* **To do**: Find and return every line of the data that contains the word "antt".

* **Exercise data**:
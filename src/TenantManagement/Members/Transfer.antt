-- ===== src/TenantManagement/Members/Transfer.antt =====
-- What `transferOwnership` does to the table `tenant_membership`.
use medusa_multi_tenancy.Prelude.{
  ℕ, ◌+◌, ◌≡◌, ◌≢◌, ◌∙◌, ap, ◌⊎◌, String, Bool, true, false, ◌&&◌, Option, none, some, one_if,
  arith, str_eq, eq_iff, eq_refl, Bool-cases, Option-cases, inl, inr,
}
use medusa_multi_tenancy.Prelude.Text.{normalize_email}
use medusa_multi_tenancy.Schema.{Membership, owner, admin}
use medusa_multi_tenancy.Sql.Rows.{
  rows, first, first_meets, rows_of_key, rows-update_split, update-Replaces,
}
use medusa_multi_tenancy.World.{
  Env, World, Result, ServiceError, ok, thrown, not_an_owner, target_not_found, same_member,
}
use medusa_multi_tenancy.TenantManagement.Members.{
  is_owner, has_member_id, active_member_with_email, active_member_with_id, transfer_ownership,
}
use medusa_multi_tenancy.TenantManagement.Members.Changes.{HasUniqueIds}

-- The rows of two members, as the transfer leaves them.
abbrev pub demoted : ℕ → Membership → Membership
demoted now m = record m { role = admin; updated_at = now }

abbrev pub promoted : ℕ → Membership → Membership
promoted now m = record m { role = owner; updated_at = now }

abbrev pub is_owner_found : Option Membership → Bool
is_owner_found none = false
is_owner_found (some m) = is_owner m.role

module _ (env : Env) (tenant_id actor_email target_id : String) (w : World env) where
  -- An active owner and another active member of the tenant change roles, and no other row changes.
  abbrev pub Transferred : Result (String × String) × World env → Type 0
  Transferred (r, w') =
      (actor : Membership) × (target : Membership) × (r ≡ ok (actor.user_email, target.user_email))
      × (active_member_with_email tenant_id (normalize_email actor_email) actor ≡ true)
      × (active_member_with_id tenant_id target_id target ≡ true)
      × (is_owner actor.role ≡ true)
      × (actor.id ≢ target.id)
      × ((q : Membership → Bool)
          → rows env.sql q w'.memberships + (one_if (q actor) + one_if (q target))
            ≡ rows env.sql q w.memberships
              + (one_if (q (demoted w.now actor)) + one_if (q (promoted w.now target))))
      × ((q : Membership → Bool)
          → rows env.sql (λ r. has_member_id target.id r && q r) w'.memberships
            ≡ one_if (q (promoted w.now target)))

  -- What has been found of the two members when the error is thrown.
  abbrev pub Reason : ServiceError → Type 0
  Reason not_an_owner =
      is_owner_found (
        first env.sql (active_member_with_email tenant_id (normalize_email actor_email))
          w.memberships)
      ≡ false
  Reason target_not_found =
      first env.sql (active_member_with_id tenant_id target_id) w.memberships ≡ none
  Reason same_member =
      (actor : Membership) × (target : Membership) × (first env.sql
          (active_member_with_email tenant_id (normalize_email actor_email)) w.memberships
        ≡ some actor)
      × (first env.sql (active_member_with_id tenant_id target_id) w.memberships ≡ some target)
      × (str_eq target.id actor.id ≡ true)
  Reason _ = ⊥

  abbrev pub TransferRefused : Result (String × String) × World env → Type 0
  TransferRefused (r, w') = (e : ServiceError) × (r ≡ thrown e) × (w' ≡ w) × Reason e

  refusal :
      {p : Result (String × String) × World env} {e : ServiceError}
      → p ≡ (thrown e, w)
      → Reason e
      → TransferRefused p
  refusal {e = e} h reason = (e, ap (λ p. p.0) h, ap (λ p. p.1) h, reason)

  no_actor :
      first env.sql (active_member_with_email tenant_id (normalize_email actor_email)) w.memberships
        ≡ none
      → transfer_ownership env tenant_id actor_email target_id w ≡ (thrown not_an_owner, w)
  unfolding transfer_ownership
  no_actor h = ground arith

  module _ {actor : Membership}
      (ha : first env.sql
          (active_member_with_email tenant_id (normalize_email actor_email))
          w.memberships
        ≡ some actor) where
    actor_no_owner :
        is_owner actor.role ≡ false
        → transfer_ownership env tenant_id actor_email target_id w ≡ (thrown not_an_owner, w)
    unfolding transfer_ownership
    actor_no_owner h = ground arith

    module _ (o : is_owner actor.role ≡ true) where
      no_target :
          first env.sql (active_member_with_id tenant_id target_id) w.memberships ≡ none
          → transfer_ownership env tenant_id actor_email target_id w ≡ (thrown target_not_found, w)
      unfolding transfer_ownership
      no_target h = ground arith

      module _ {target : Membership}
          (ht : first env.sql (active_member_with_id tenant_id target_id) w.memberships
            ≡ some target) where
        to_self :
            str_eq target.id actor.id ≡ true
            → transfer_ownership env tenant_id actor_email target_id w ≡ (thrown same_member, w)
        unfolding transfer_ownership
        to_self h = ground arith

        done :
            str_eq target.id actor.id ≡ false
            → ((transfer_ownership env tenant_id actor_email target_id w).0
                ≡ ok (actor.user_email, target.user_email))
              × ((transfer_ownership env tenant_id actor_email target_id w).1.memberships
                  ≡ env.sql.update
                      (has_member_id target.id)
                      (promoted w.now)
                      (env.sql.update (has_member_id actor.id) (demoted w.now) w.memberships))
        unfolding transfer_ownership
        done h = ground arith

  module _ {actor target : Membership}
      (ha : first env.sql
          (active_member_with_email tenant_id (normalize_email actor_email))
          w.memberships
        ≡ some actor)
      (ht : first env.sql (active_member_with_id tenant_id target_id) w.memberships ≡ some target)
      (ne : str_eq target.id actor.id ≡ false) (u : HasUniqueIds env w) where
    email_fields : active_member_with_email tenant_id (normalize_email actor_email) actor ≡ true
    email_fields =
        first_meets env.sql (active_member_with_email tenant_id (normalize_email actor_email))
          w.memberships ha

    id_fields : active_member_with_id tenant_id target_id target ≡ true
    id_fields = first_meets env.sql (active_member_with_id tenant_id target_id) w.memberships ht

    target_only :
        (q : Membership → Bool)
        → rows env.sql (λ r. has_member_id target.id r && q r) w.memberships ≡ one_if (q target)
    target_only q =
        rows_of_key env.sql (active_member_with_id tenant_id target_id) (has_member_id target.id) q
          w.memberships ht (eq_refl target.id) (u target.id)

    demotion :
        (q : Membership → Bool)
        → rows env.sql q (env.sql.update (has_member_id actor.id) (demoted w.now) w.memberships)
            + one_if (q actor)
          ≡ rows env.sql q w.memberships + one_if (q (demoted w.now actor))
    demotion =
        update-Replaces env.sql (active_member_with_email tenant_id (normalize_email actor_email))
          (has_member_id actor.id) (demoted w.now) w.memberships ha (eq_refl actor.id) (u actor.id)

    -- The demotion leaves the target's row alone.
    target_after_demotion :
        (q : Membership → Bool)
        → rows env.sql
            (λ r. has_member_id target.id r && q r)
            (env.sql.update (has_member_id actor.id) (demoted w.now) w.memberships)
          ≡ one_if (q target)
    target_after_demotion q = ground (
      arith,
      demotion (λ r. has_member_id target.id r && q r),
      target_only q,
      eq_iff target.id actor.id,
      eq_iff actor.id target.id,
    )

    promotion :
        (q : Membership → Bool)
        → rows env.sql q (
              env.sql.update
                (has_member_id target.id)
                (promoted w.now)
                (env.sql.update (has_member_id actor.id) (demoted w.now) w.memberships))
            + one_if (q target)
          ≡ rows env.sql q (env.sql.update (has_member_id actor.id) (demoted w.now) w.memberships)
            + one_if (q (promoted w.now target))
    promotion q = omega (
      arith,
      rows-update_split env.sql q (has_member_id target.id) (promoted w.now)
          (env.sql.update (has_member_id actor.id) (demoted w.now) w.memberships),
      target_after_demotion q,
      target_after_demotion (λ r. q (promoted w.now r)),
    )

    target_after :
        (q : Membership → Bool)
        → rows env.sql
            (λ r. has_member_id target.id r && q r)
            (env.sql.update
              (has_member_id target.id)
              (promoted w.now)
              (env.sql.update (has_member_id actor.id) (demoted w.now) w.memberships))
          ≡ one_if (q (promoted w.now target))
    target_after q = ground (
      arith,
      promotion (λ r. has_member_id target.id r && q r),
      target_after_demotion q,
      eq_refl target.id,
    )

    transferred :
        is_owner actor.role ≡ true
        → Transferred (transfer_ownership env tenant_id actor_email target_id w)
    transferred o = (
      actor,
      target,
      (done ha o ht ne).0,
      email_fields,
      id_fields,
      o,
      λ same. ground (arith, eq_iff target.id actor.id),
      λ q. rw (done ha o ht ne).1 (omega (arith, demotion q, promotion q)),
      λ q. rw (done ha o ht ne).1 (target_after q),
    )

  -- With unique member ids, a transfer either throws and leaves the whole state as it was, because the
  -- actor is no active owner of the tenant, the target no active member, or both the same, or changes
  -- two rows: the actor, an active owner of the tenant, becomes an admin, and the target, another
  -- active member of it, an owner.
  pub transfer_ownership_cases :
      HasUniqueIds env w
      → TransferRefused (transfer_ownership env tenant_id actor_email target_id w)
        ⊎ Transferred (transfer_ownership env tenant_id actor_email target_id w)
  transfer_ownership_cases u =
      elim (Option-cases (
        first env.sql (active_member_with_email tenant_id (normalize_email actor_email))
          w.memberships)) [
            | inl none_found ↦ inl (refusal (no_actor none_found) (ap is_owner_found none_found))
            | inr (actor, ha) ↦ elim (Bool-cases (is_owner actor.role)) [
              | inr other ↦ inl (refusal (actor_no_owner ha other) (ap is_owner_found ha ∙ other))
              | inl o ↦
                  elim (Option-cases
                    (first env.sql (active_member_with_id tenant_id target_id) w.memberships)) [
                      | inl none_found ↦ inl (refusal (no_target ha o none_found) none_found)
                      | inr (target, ht) ↦ elim (Bool-cases (str_eq target.id actor.id)) [
                        | inl same ↦
                            inl (refusal (to_self ha o ht same) (actor, target, ha, ht, same))
                        | inr ne ↦ inr (transferred ha ht ne u o)
                      ]
                    ]
            ]
          ]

* **Your solution**:
filename src/TenantManagement/Members/Transfer.antt
-- ===== src/TenantManagement/Members/Transfer.antt =====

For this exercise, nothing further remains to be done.